Before Neil Armstrong's historic moonwalk in July of 1969, the Soviet Union dominated the exploration of space, to the chagrin of Americans and the delight of Soviet citizens. Between 1957 and 1963, the Soviets launched the first satellite into orbit and the first satellite with a live passenger (a dog named Laika). It boasted the first human spaceflight and sent the first woman into space. Into the Cosmos is a cultural history of the first generation of Soviet space exploration that reveals that space program to have been a crucial cultural touchstone for Soviet citizens throughout the 1950s and 1960s. This edited volume provides examples of how the first generation of Soviet space exploration affected cosmonauts, ordinary citizens, and everyday life in the former Soviet Union.

Because the Soviet space program was run by the military, much of it was secretive and details about spacecraft, plans for future launches, rocket designers, and even the location of the launch site in rural Kazakhstan were classified information. Rockets that could propel humans into outer space could also carry bombs across oceans and continents, and while this early chapter of the U.S.-Soviet space race was couched in terms of friendly competition, it had potentially bellicose ulterior motives. Many documents about the space program remain classified and the contributors to this volume have relied primarily on published sources including memoirs, Russian-language newspapers, scientific volumes, and other journals. Only James Andrews's chapter on Konstantin Tsiolkovskii, a rocket scientist and space enthusiast from the early twentieth century, contains a significant number of original archival materials.
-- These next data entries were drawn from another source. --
-- ===== src/Extension/Sender.antt =====
-- The tick
-- (addon/extensions/task_force_radio_pipe/src/Extension.cpp: senderMain), one turn of its loop. The
-- clock is read once for a turn.
use task_force_radio_standal.Base.{
  if◌then◌else◌, Text, codes, ℕ, Bool, true, false, Option, none, some, List, [], ◌∷◌, map,
}
use task_force_radio_standal.Base.Int.{pos, pos_part}
use task_force_radio_standal.Float.{Float}
use task_force_radio_standal.Geometry.{zero_f}
use task_force_radio_standal.State.Data.{State}
use task_force_radio_standal.State.Queries.{
  my_uid, set_local_transmitting, set_voice_connected, set_remote_tx, take_transmit_override,
  config_bool, config_float, voice_config_string, local_tx_state,
}
use task_force_radio_standal.State.Solver.Snapshot.{compute_audible_units}
use task_force_radio_standal.Voice.Mixer.{Mixer, trigger_local_beep, set_master_volume}
use task_force_radio_standal.Voice.Session.{RadioTxInfo, apply_audibility, current_radio_tx}
use task_force_radio_standal.Voice.Network.{Event, send_radio_tx}
use task_force_radio_standal.Voice.Network.Thread.{set_server, set_identity}
use task_force_radio_standal.Voice.Transmit.{
  Transmit, set_mode, set_vad_threshold, set_mic_volume, set_noise_suppression, set_addon_override,
}
use task_force_radio_standal.Tick.{
  Announcement, relay_tick, local_cue_tick, parse_transmit_mode, update_of,
}
use task_force_radio_standal.Extension.{parse_port}
use task_force_radio_standal.Extension.World.{World}

module _ (fl : Float) where
  open fl use {F, decimal, of_int, lt, trunc}

  -- `static_cast<uint16_t>(std::clamp(range, 0.0f, 65535.0f))`
  unfoldable pub clamped_range : F → ℕ
  clamped_range range = pos_part (
      trunc (
        if lt range (zero_f fl)
        then zero_f fl
        else if lt (decimal 65535 0) range
        then decimal 65535 0
        else range))

  abbrev pub announcement : State fl → Announcement
  announcement s =
      let tx = local_tx_state fl s in
      record {
        active = tx.active;
        freq = tx.freq;
        range = clamped_range tx.range;
        subtype = tx.subtype;
      }

  -- The loop over the others' transmissions.
  unfoldable pub hear_tx : ℕ → List RadioTxInfo → State fl → State fl
  unfolding set_remote_tx
  hear_tx now [] s = s
  hear_tx now (tx ∷ txs) s =
      hear_tx now txs
        (set_remote_tx fl tx.uid tx.active tx.freq (of_int (pos tx.range)) tx.subtype now s)

  unfoldable pub play_cue : Option (Text × Bool) → Mixer fl → Mixer fl
  unfolding trigger_local_beep
  play_cue none m = m
  play_cue (some (subtype, start)) m = trigger_local_beep fl subtype start m

  -- A pending change of the override; a pending clear is `some none`.
  unfoldable pub override_by : Option (Option Bool) → Transmit fl → Transmit fl
  unfolding set_addon_override
  override_by none t = t
  override_by (some none) t = set_addon_override fl false false t
  override_by (some (some value)) t = set_addon_override fl true value t

module _ (fl : Float) {R : Type 0} where
  open fl use {F, decimal, of_int, lt, trunc}

  -- The state first learns whether the relay is connected.
  unfoldable pub note_connection : World fl R → World fl R
  note_connection w = record w { state = set_voice_connected fl w.client.connected w.state }

  -- The settings of the game.
  unfoldable pub apply_settings : World fl R → World fl R
  unfolding parse_port set_server set_mode set_noise_suppression set_vad_threshold set_mic_volume
      set_master_volume
  apply_settings w =
      let number = λ (key : Text) (fallback : F). config_float fl key fallback w.state in
      let text = λ (key : Text). voice_config_string fl key [] w.state in
      record w {
        client =
            set_server (text (codes "voice_serverHost"))
              (parse_port fl (number (codes "voice_serverPort") (decimal 9987 0)))
              (text (codes "voice_serverPassword")) w.client;
        transmit =
            set_mode fl (parse_transmit_mode fl (number (codes "voice_transmitMode") (decimal 1 0)))
              (set_noise_suppression fl
                (config_bool fl (codes "voice_noiseSuppression") true w.state)
                (set_vad_threshold fl (number (codes "voice_vadThreshold") (decimal 5 3))
                  (set_mic_volume fl (number (codes "voice_micVolume") (decimal 1 0)) w.transmit)));
        session = record w.session {
          mixer =
              set_master_volume fl (number (codes "voice_speakerVolume") (decimal 1 0))
                w.session.mixer;
        };
      }

  unfoldable pub exchange_identity : World fl R → World fl R
  unfolding set_identity
  exchange_identity w =
      let state = set_local_transmitting fl w.transmit.is_transmitting w.state in
      record w { state = state; client = set_identity (my_uid fl state) state.my_nickname w.client }

  -- The relay of our own transmission.
  unfoldable pub relay_own : ℕ → Announcement → World fl R → List Event × World fl R
  unfolding relay_tick send_radio_tx
  relay_own now tx w =
      let (send, relay) = relay_tick now tx w.relay in
      (
        if send then send_radio_tx tx.active tx.freq tx.range tx.subtype w.client else [],
        record w { relay = relay },
      )

  unfoldable pub relay_others : ℕ → World fl R → World fl R
  unfolding hear_tx current_radio_tx
  relay_others now w = record w {
    state = hear_tx fl now (current_radio_tx fl now w.session) w.state;
  }

  unfoldable pub cue_own : Announcement → World fl R → World fl R
  unfolding local_cue_tick play_cue
  cue_own tx w =
      let (played, cue) = local_cue_tick tx.active tx.subtype w.cue in
      record w {
        cue = cue;
        session = record w.session { mixer = play_cue fl played w.session.mixer };
      }

  unfoldable pub take_override : World fl R → World fl R
  unfolding take_transmit_override override_by
  take_override w =
      let (change, state) = take_transmit_override fl w.state in
      record w { state = state; transmit = override_by fl change w.transmit }

  unfoldable pub solve : ℕ → World fl R → World fl R
  unfolding compute_audible_units apply_audibility update_of
  solve now w =
      let (units, state) = compute_audible_units fl now w.state in
      record w { state = state; session = apply_audibility fl (map (update_of fl) units) w.session }

  -- One turn, and what it sends.
  unfoldable pub sender_tick : ℕ → World fl R → List Event × World fl R
  unfolding note_connection apply_settings exchange_identity relay_own relay_others cue_own
      take_override solve
  sender_tick now w =
      let w1 = exchange_identity (apply_settings (note_connection w)) in
      let tx = announcement fl w1.state in
      let (packets, w2) = relay_own now tx w1 in
      (packets, solve now (take_override (cue_own tx (relay_others now w2))))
The first section of the book gives an overview of the topic. Alexei Kojevnikov describes the Soviet space program in the broader cultural context of the 1950s and 1960s and James Andrews traces the longer history of Russian and early Soviet fascination with space travel. The second section [End Page 419] explores the distance between the myth of space exploration as presented by the Soviet Union's powerful propaganda machine and the reality as its cosmonauts experienced it. As if Siddiqi addresses a central contradiction: the widespread publicity about Soviet achievements and the deep secrecy of the program. Slava Gerovitch writes about the first cosmonauts' reactions and adaptations to the fame that space travel brought them. Andrew Jenks writes about the struggle of Yuri Gagarin to remain an authentic and credible figure, governed as he was by a restrictive and often deceptive Soviet state. Amy Nelson explores the experience of the space dogs that went into orbit before their human counterparts.
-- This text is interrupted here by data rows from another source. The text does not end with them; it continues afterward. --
-- ===== src/Extension/Threads.antt =====
-- The threads beside the tick, on all that the extension keeps, and their interleavings
-- (addon/extensions/task_force_radio_pipe/src/Voice/VoiceSession.cpp: start, whose callbacks tie the
-- network client, the transmit controller and the playback together). A call of the game, a
-- tick, a round of the network, a frame of the microphone and a fill of the device are one step each.
use task_force_radio_standal.Base.{Text, ℕ, ◌≡◌, Bool, false, Option, none, some, List, [], ◌∷◌}
use task_force_radio_standal.Float.{Float}
use task_force_radio_standal.Voice.Source.Mixdown.{Codec}
use task_force_radio_standal.Voice.Mixer.{Mixer}
use task_force_radio_standal.Voice.Mixer.Device.{fill_device}
use task_force_radio_standal.Voice.Session.{
  Session, on_voice_frame, on_remote_joined, on_remote_left, on_radio_tx,
  on_connection_state_changed,
}
use task_force_radio_standal.Voice.Network.{
  Event, voice_frame, remote_joined, remote_left, radio_tx, connection_changed, sent, Accept,
  Client, send_voice_frame,
}
use task_force_radio_standal.Voice.Network.Thread.{thread_round}
use task_force_radio_standal.Voice.Transmit.Samples.{MicTools, on_samples_captured}
use task_force_radio_standal.Extension.World.{World, new_world, game_call}
use task_force_radio_standal.Extension.Sender.{sender_tick}

-- The debug mode in the relay's reply.
abbrev pub is_forced : Option Accept → Bool
is_forced none = false
is_forced (some a) = a.debug_audible

-- The packets of the gate through the network client.
unfoldable pub send_all : List (Text × Bool) → Client → Client
unfolding send_voice_frame
send_all [] c = c
send_all ((opus, is_last) ∷ packets) c = send_all packets (send_voice_frame opus is_last c).1

module _ (fl : Float) where
  -- The callbacks of the network client; `forced` is `debugForceAudible()`.
  unfoldable pub on_event : Bool → ℕ → Event → Session fl → Session fl
  unfolding on_voice_frame on_remote_joined on_remote_left on_radio_tx on_connection_state_changed
  on_event forced now (voice_frame sender sequence is_last opus) s =
      on_voice_frame fl sender is_last opus s
  on_event forced now (remote_joined session_id uid name) s =
      on_remote_joined fl session_id uid name s
  on_event forced now (remote_left session_id) s = on_remote_left fl session_id s
  on_event forced now (radio_tx sender active freq range sub) s =
      on_radio_tx fl sender active freq range sub now s
  on_event forced now (connection_changed connected) s =
      on_connection_state_changed fl connected forced s
  on_event forced now (sent bytes) s = s

  unfoldable pub deliver : Bool → ℕ → List Event → Session fl → Session fl
  unfolding on_event
  deliver forced now [] s = s
  deliver forced now (e ∷ events) s = deliver forced now events (on_event forced now e s)

module _ (fl : Float) {R : Type 0} where
  -- A round of the network thread with its callbacks.
  unfoldable pub network_round : Option Accept → ℕ → List Text → World fl R → World fl R
  unfolding thread_round deliver
  network_round reply now queue w =
      let (events, _, client) = thread_round reply now queue w.client in
      record w { client = client; session = deliver fl (is_forced reply) now events w.session }

  -- A frame of the microphone.
  unfoldable pub mic_frame : MicTools fl R → List fl.F → ℕ → World fl R → World fl R
  unfolding on_samples_captured send_all
  mic_frame tools raw now w =
      let (packets, (transmit, denoiser)) =
        on_samples_captured fl tools raw now (w.transmit, w.denoiser) in
      record w { client = send_all packets w.client; transmit = transmit; denoiser = denoiser }

  abbrev pub with_mixer : Mixer fl → World fl R → World fl R
  with_mixer m w = record w { session = record w.session { mixer = m } }

  -- What the threads may do, in any order.
  pub data WorldStep (tools : MicTools fl R) (codec : Codec fl)
      : World fl R → World fl R → Type 0 where
    calls :
        (opus_version line : Text) (now : ℕ) (w : World fl R)
        → WorldStep tools codec w (game_call fl opus_version line now w).1
    ticks : (now : ℕ) (w : World fl R) → WorldStep tools codec w (sender_tick fl now w).1
    exchanges :
        (reply : Option Accept) (now : ℕ) (queue : List Text) (w : World fl R)
        → WorldStep tools codec w (network_round reply now queue w)
    talks :
        (raw : List fl.F) (now : ℕ) (w : World fl R)
        → WorldStep tools codec w (mic_frame tools raw now w)
    plays :
        (step : fl.D) (needed : ℕ) (frames : List (fl.F × fl.F)) (m : Mixer fl) (w : World fl R)
        → fill_device fl codec step needed w.session.mixer ≡ some (frames, m)
        → WorldStep tools codec w (with_mixer m w)

  pub data IsReachable (tools : MicTools fl R) (codec : Codec fl) : World fl R → Type 0 where
    boots : (denoiser : Option R) → IsReachable tools codec (new_world fl denoiser)
    runs :
        {w w' : World fl R}
        → IsReachable tools codec w
        → WorldStep tools codec w w'
        → IsReachable tools codec w'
The third section of the book consists of case studies that explore the ways in which the Soviet space program affected Soviet culture. Victoria Smolkin-Rothrock argues that space enthusiasm was closely related to state-sponsored efforts to encourage atheism and create new sacred spaces within Soviet society. Roshanna P. Sylvester writes about how Valentina Tereshkova, the first woman in space, inspired a generation of Soviet girls to excel in math and science, and Cathleen Lewis describes how the program was experienced by everyday citizens who collected postage stamps and pins (znachki) commemorating space flight. Finally, Heather Gumbert discusses how one Soviet cosmonaut, German Titov, was received in East Germany just as the Berlin Wall was erected in September of 1961.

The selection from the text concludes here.